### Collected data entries

- - -

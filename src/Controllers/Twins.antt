-- ===== src/Controllers/Twins.antt =====
-- Two objects with the same ends, which AWI has one connection for.
use awi_catalyst_sdwan_opera.Base.{String, ◌≡◌, ◌≢◌, ◌∙◌, true, false, some}
use awi_catalyst_sdwan_opera.Exec.{Exec, ok, >>=-eq-ok, at_result}
use awi_catalyst_sdwan_opera.Kube.{NamespacedName, Client, Util}
use awi_catalyst_sdwan_opera.Controllers.{reconcile, ReconcileResult}
use awi_catalyst_sdwan_opera.Controllers.Protocol.{View, IsStore, IsUtil, IsPeer}
use awi_catalyst_sdwan_opera.Controllers.Success.{reconcile_deleted}

module _ {W X I : Type 0} (view : View W X I) (client : Client W X) (util : Util X)
    (finalizer : String) (id_of : X → I) (key_of : X → NamespacedName)
    (remove request : X → Exec W (Unit {0}))
    (store : IsStore view client util finalizer id_of key_of)
    (utils : IsUtil view client util finalizer id_of key_of)
    (peer : IsPeer view client util finalizer id_of key_of remove request) (req k : NamespacedName)
    (w w₁ : W) (x y : X) (got : client.get req w ≡ (ok x, w₁)) where
  open view use {stored, connected}

  -- Where an object under deletion that holds the finalizer has the same ends as another object, a
  -- `Reconcile` of it with no error ends the connection of both, though the other object is still
  -- stored as it was.
  pub twin_disconnected :
      (res : ReconcileResult) (v : W)
      → k ≢ req
      → stored w k ≡ some y
      → id_of y ≡ id_of x
      → util.deletion_timestamp_is_zero x ≡ false
      → util.contains_finalizer x finalizer ≡ true
      → reconcile client util finalizer remove request req w ≡ (ok res, v)
      → (stored v k ≡ some y) × (connected v (id_of y) ≡ false)
  unfolding reconcile
  twin_disconnected res v other sy same deleted held h =
      let bare = util.remove_finalizer x finalizer in
      let (_, u, removed, h₁) =
        >>=-eq-ok (remove x) _ w₁ (rw (got, reconcile, deleted, held) at h) in
      let (_, v', updated, h₂) = >>=-eq-ok (client.update bare) _ u h₁ in
      let elsewhere : key_of bare ≡ req =
        utils.key-remove x ∙ store.stored_key w req x (store.get_ok w w₁ req x got) in
      let kept : stored v' k ≡ stored w k =
        at_result (λ z. stored z k ≡ stored u k) (client.update bare) updated
          (store.update_other u bare k (λ q. other (q ∙ elsewhere)))
        ∙ at_result (λ z. stored z k ≡ stored w₁ k) (remove x) removed (peer.remove_stored w₁ x k)
        ∙ at_result (λ z. stored z k ≡ stored w k) (client.get req) got
            (store.get_stored w req k) in
      let (gone, _) =
        reconcile_deleted view client util finalizer id_of key_of remove request store utils peer
          req w w₁ x got res v deleted held h in
      (cc (kept, sy, h₂), cc (gone, same))
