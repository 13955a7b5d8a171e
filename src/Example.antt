-- ===== src/Example.antt =====
-- awi/example: a server with fixed replies, and a client that sends one request to such a server.
pub mod Server
pub mod Client
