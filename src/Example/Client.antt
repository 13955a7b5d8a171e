-- ===== src/Example/Client.antt =====
-- awi/example/client/client_example.go. The deadline and the log lines are left out.
use awi_catalyst_sdwan_opera.Base.{ℕ, String, Option, some}
use awi_catalyst_sdwan_opera.Exec.{Exec}
use awi_catalyst_sdwan_opera.Exec.Process.{Process, or_exit, run, ◌>>=◌, ◌>>◌, return}

abbrev pub address : String
address = "localhost:50051"

pub record DestInfo : Type 0 where
  pub scope : ℕ
  pub name : String
  pub ip : String
  pub port : String
  pub protocol : String

-- `L` and `S` are the types of the messages that the client sends with no field set.
pub record ConnectServiceRequest (L S : Type 0) : Type 0 where
  pub dest_info : Option DestInfo
  pub local_workload : Option L
  pub sla_request : Option S

-- What `main` uses of awi-grpc and of grpc. `close` gives an error that `defer` drops.
pub record Service (W Conn Response L S : Type 0) : Type 0 where
  pub scope_private : ℕ
  pub no_workload_fields : L
  pub no_sla_fields : S
  pub dial : String → Exec W Conn
  pub connect : Conn → ConnectServiceRequest L S → Exec W Response
  pub close : Conn → W → W

module _ {W Conn Response L S : Type 0} (service : Service W Conn Response L S) where
  abbrev pub csr : ConnectServiceRequest L S
  csr = record {
    dest_info = some (record {
      scope = service.scope_private;
      name = "test.viptela.com";
      ip = "10.10.10.10";
      port = "8443";
      protocol = "tcp";
    });
    local_workload = some service.no_workload_fields;
    sla_request = some service.no_sla_fields;
  }

  -- `log.Fatalf` ends the process with code 1 and runs no deferred call.
  unfoldable pub main : {G : Type 0} → Process W G (Unit {0})
  main = do
    conn ← run (or_exit (service.dial address))
    run (or_exit (service.connect conn csr))
    λ (w, gs). return tt (service.close conn w, gs)
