-- ===== src/Example/Server.antt =====
-- awi/example/server/server.go: the handlers. They use their requests in log lines only, so a handler
-- has none here; reflect and the constants of awi-grpc are parameters.
pub mod Serving
use awi_catalyst_sdwan_opera.Base.{ℕ, String, Option, none, some, List, []}
use awi_catalyst_sdwan_opera.Exec.{Exec, pure, ◌>>=◌, ◌>>◌}

-- `E` is the type of the package's error message.
pub record Constants (E : Type 0) : Type 0 where
  pub status_in_progress : ℕ
  pub state_up : ℕ
  pub state_down : ℕ
  pub no_error_fields : E

-- The fields that the server sets.
pub record VirtualConnectionResponse (E : Type 0) : Type 0 where
  pub status : ℕ
  pub connection_id : String
  pub connection_name : String
  pub error : Option E
  pub state : ℕ

pub record DisconnectResponse (E : Type 0) : Type 0 where
  pub connection_name : String
  pub error : Option E
  pub status : ℕ
  pub state : ℕ

-- The messages that the server returns with no field set.
pub data EmptyResponse : Type 0 where
  list_virtual_connections_response : EmptyResponse
  virtual_connection_status_response : EmptyResponse
  virtual_connection_statistics_response : EmptyResponse
  virtual_connection_events_response : EmptyResponse

-- `reflect.ValueOf(s).MethodByName(name).Call(args)`, with reflect's type of values.
pub record Reflect (W Value : Type 0) : Type 0 where
  pub call_method : String → List Value → Exec W (List Value)

module _ {W Value E : Type 0} (reflect : Reflect W Value) (constants : Constants E) where
  open reflect use {call_method}

  unfoldable pub connect : Exec W (VirtualConnectionResponse E)
  connect = pure (record {
    status = constants.status_in_progress;
    connection_id = "12345";
    connection_name = "test";
    error = none;
    state = constants.state_up;
  })

  unfoldable pub disconnect : Exec W (DisconnectResponse E)
  disconnect = pure (record {
    connection_name = "test";
    error = some constants.no_error_fields;
    status = 0;
    state = constants.state_down;
  })

  -- From here on, each method calls a method by its name for the log line.
  unfoldable pub get_connection : Exec W (VirtualConnectionResponse E)
  get_connection = do
    call_method "GetConnection" []
    pure (record { status = 0; connection_id = ""; connection_name = ""; error = none; state = 0 })

  unfoldable pub list_connections : Exec W EmptyResponse
  list_connections = do call_method "ListConnections" []; pure list_virtual_connections_response

  unfoldable pub get_connection_status : Exec W EmptyResponse
  get_connection_status = do
    call_method "GetConnectionStatus" []
    pure virtual_connection_status_response

  unfoldable pub get_connection_statistics : Exec W EmptyResponse
  get_connection_statistics = do
    call_method "GetConnectionStatistics" []
    pure virtual_connection_statistics_response

  unfoldable pub get_connection_events : Exec W EmptyResponse
  get_connection_events = do
    call_method "GetConnectionEvents" []
    pure virtual_connection_events_response
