-- ===== src/Example/Server/Serving.antt =====
-- awi/example/server/server.go: how the server starts. net and grpc are parameters.
use awi_catalyst_sdwan_opera.Base.{String}
use awi_catalyst_sdwan_opera.Exec.{Exec}
use awi_catalyst_sdwan_opera.Exec.Process.{Process, or_exit, run, ◌>>=◌}

abbrev pub port : String
port = ":50051"

-- What `main` calls: `net.Listen`, and `Serve` of the grpc server that `server` is registered with.
pub record Network (W Listener : Type 0) : Type 0 where
  pub listen : String → String → Exec W Listener
  pub serve : Listener → Exec W (Unit {0})

module _ {W Listener G : Type 0} (network : Network W Listener) where
  -- `log.Fatalf` ends the process with code 1.
  unfoldable pub main : Process W G (Unit {0})
  main = do lis ← run (or_exit (network.listen "tcp" port)); run (or_exit (network.serve lis))
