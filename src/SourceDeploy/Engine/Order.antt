-- ===== src/SourceDeploy/Engine/Order.antt =====
-- The order of the calls of a run, and what a failed run has to undo.
use fleetdeck.Prelude.{
  ◌≡◌, ◌⊎◌, inl, inr, Bool, true, false, none, some, List, [], ◌∷◌, String, Bool-cases, Outcome, ok,
  err,
}
use fleetdeck.SourceDeploy.Types.{
  Options, Event, user_created, registered, files_added, pulled, built, edge_prepared, upped,
  writers_stopped, services_started, backed_up, verified, replaced, restored, tagged, status_set,
  History, ApplyError, Run, M, ◌>>>◌, continue, require, note, perform, check_that,
}
use fleetdeck.SourceDeploy.Staging.{Server}
use fleetdeck.SourceDeploy.Keeps.{Keeps}
use fleetdeck.SourceDeploy.Engine.{Commands}
use fleetdeck.SourceDeploy.Names.{drop_all}

-- A call was made.
abbrev pub Has : Event → History → Type 0
Has e [] = ⊥
Has e (v ∷ h) = (v ≡ e) ⊎ Has e h

-- At some point of the run, which had made the calls so far, this held.
abbrev pub Saw : (History → Type 0) → History → Type 0
Saw P [] = P []
Saw P (v ∷ h) = P (v ∷ h) ⊎ Saw P h

pub Saw-now : (P : History → Type 0) (h : History) → P h → Saw P h
Saw-now P [] p = p
Saw-now P (v ∷ h) p = inl p

-- The files that were replaced and neither restored nor taken into use by `up`.
abbrev pub pending_after : Event → List String → List String
pending_after user_created names = names
pending_after registered names = names
pending_after files_added names = names
pending_after pulled names = names
pending_after built names = names
pending_after edge_prepared names = names
pending_after (upped b) names = []
pending_after (writers_stopped stopped) names = names
pending_after (services_started started) names = names
pending_after (backed_up id) names = names
pending_after (verified id) names = names
pending_after (replaced file) names = file ∷ names
pending_after (restored file) names = drop_all (file ∷ []) names
pending_after (tagged service) names = names
pending_after (status_set s) names = names

unfoldable pub unrestored : History → List String
unrestored [] = []
unrestored (v ∷ h) = pending_after v (unrestored h)

module _ (server : Server) (commands : Commands) (o : Options) where
  -- The project had no Compose model that could be read, or its snapshot was verified.
  abbrev pub IsSafe : History → Type 0
  IsSafe h = ((id : String) × Has (verified id) h) ⊎ Saw (λ k. server.protected_project k ≡ none) h

  -- What must have come before a call.
  abbrev pub Allowed : Event → History → Type 0
  Allowed user_created h = Unit
  Allowed registered h = Unit
  Allowed files_added h = Unit
  Allowed pulled h = Unit
  Allowed built h = Has pulled h
  Allowed edge_prepared h = Has built h
  Allowed (upped b) h = Has edge_prepared h
  Allowed (writers_stopped stopped) h = Unit
  Allowed (services_started started) h = Unit
  Allowed (backed_up id) h = Unit
  Allowed (verified id) h = Has files_added h × Has (backed_up id) h
  Allowed (replaced file) h = Has built h × IsSafe h
  Allowed (restored file) h = Has (replaced file) h
  Allowed (tagged service) h = (id : String) × Has (verified id) h
  Allowed (status_set s) h =
      (s ≡ "running") × Has (upped true) h ⊎ (s ≡ "failed") × Has (upped false) h

  unfoldable pub Follows : History → Type 0
  Follows [] = Unit
  Follows (v ∷ h) = Allowed v h × Follows h

  -- Every replaced file is restored or in use, if there is a snapshot and it can be opened.
  abbrev pub IsSettled : Run → Type 0
  IsSettled r =
      (id : String)
      → r.snapshot ≡ some id
      → (unrestored r.history ≡ []) ⊎ Saw (λ h. commands.open_snapshot id h ≡ false) r.history

  abbrev pub Ended : Run → Type 0
  Ended r = Follows r.history × IsSettled r

  abbrev pub Clean : Run → Type 0
  Clean r = Follows r.history × (unrestored r.history ≡ [])

  pub Clean-Ended : (r : Run) → Clean r → Ended r
  Clean-Ended r (f, e) = (f, λ id taken. inl e)

  -- What holds of a step's end, on either way out.
  abbrev pub Post : {A : Type 0} → (A → Run → Type 0) → Outcome ApplyError A × Run → Type 0
  Post G (ok a, r) = G a r
  Post G (err e, r) = Ended r

  continue-Post :
      {A B : Type 0} (G : A → Run → Type 0) (H : B → Run → Type 0) (x : Outcome ApplyError A × Run)
      (k : A → M B)
      → Post G x
      → ((a : A) (s : Run) → G a s → Post H (k a s))
      → Post H (continue k x)
  continue-Post G H (ok a, r) k p h = h a r p
  continue-Post G H (err e, r) k p h = p

  pub bind-Post :
      {A B : Type 0} (G : A → Run → Type 0) (H : B → Run → Type 0) (m : M A) (k : A → M B) (r : Run)
      → Post G (m r)
      → ((a : A) (s : Run) → G a s → Post H (k a s))
      → Post H ((m >>> k) r)
  unfolding ◌>>>◌
  bind-Post G H m k r p h = continue-Post G H (m r) k p h

  weaken-Post :
      {A : Type 0} (P : Run → Type 0) (x : Outcome ApplyError A × Run)
      → ((s : Run) → P s → Ended s)
      → P x.1
      → Post (λ a. P) x
  weaken-Post P (ok a, r) ends p = p
  weaken-Post P (err e, r) ends p = ends r p

  -- A step that keeps an invariant, which implies the end.
  pub keep-Post :
      {A : Type 0} (P : Run → Type 0) (m : M A) (r : Run)
      → ((s : Run) → P s → Ended s)
      → Keeps P m
      → P r
      → Post (λ a. P) (m r)
  keep-Post P m r ends keeps p = weaken-Post P (m r) ends (keeps.kept r p)

  pub perform-Post :
      (G : Unit {0} → Run → Type 0) (f : History → Bool) (v : Event) (e : ApplyError) (r : Run)
      → Ended r
      → G tt (record r { history = v ∷ r.history })
      → Post G (perform f v e r)
  unfolding perform ◌>>>◌ require note check_that
  perform-Post G f v e r b g = elim (Bool-cases (f r.history)) [
    | inl granted ↦ simp granted g
    | inr refused ↦ simp refused b
  ]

- - -

### Exercise description
Could you retype exactly the lines above, starting at the line that contains "Allowed edge_prepared h = Has built h" and ending at the line that contains "Allowed (backed_up id) h = Unit", and nothing more?

### Result
  Allowed edge_prepared h = Has built h
  Allowed (upped b) h = Has edge_prepared h
  Allowed (writers_stopped stopped) h = Unit
  Allowed (services_started started) h = Unit
  Allowed (backed_up id) h = Unit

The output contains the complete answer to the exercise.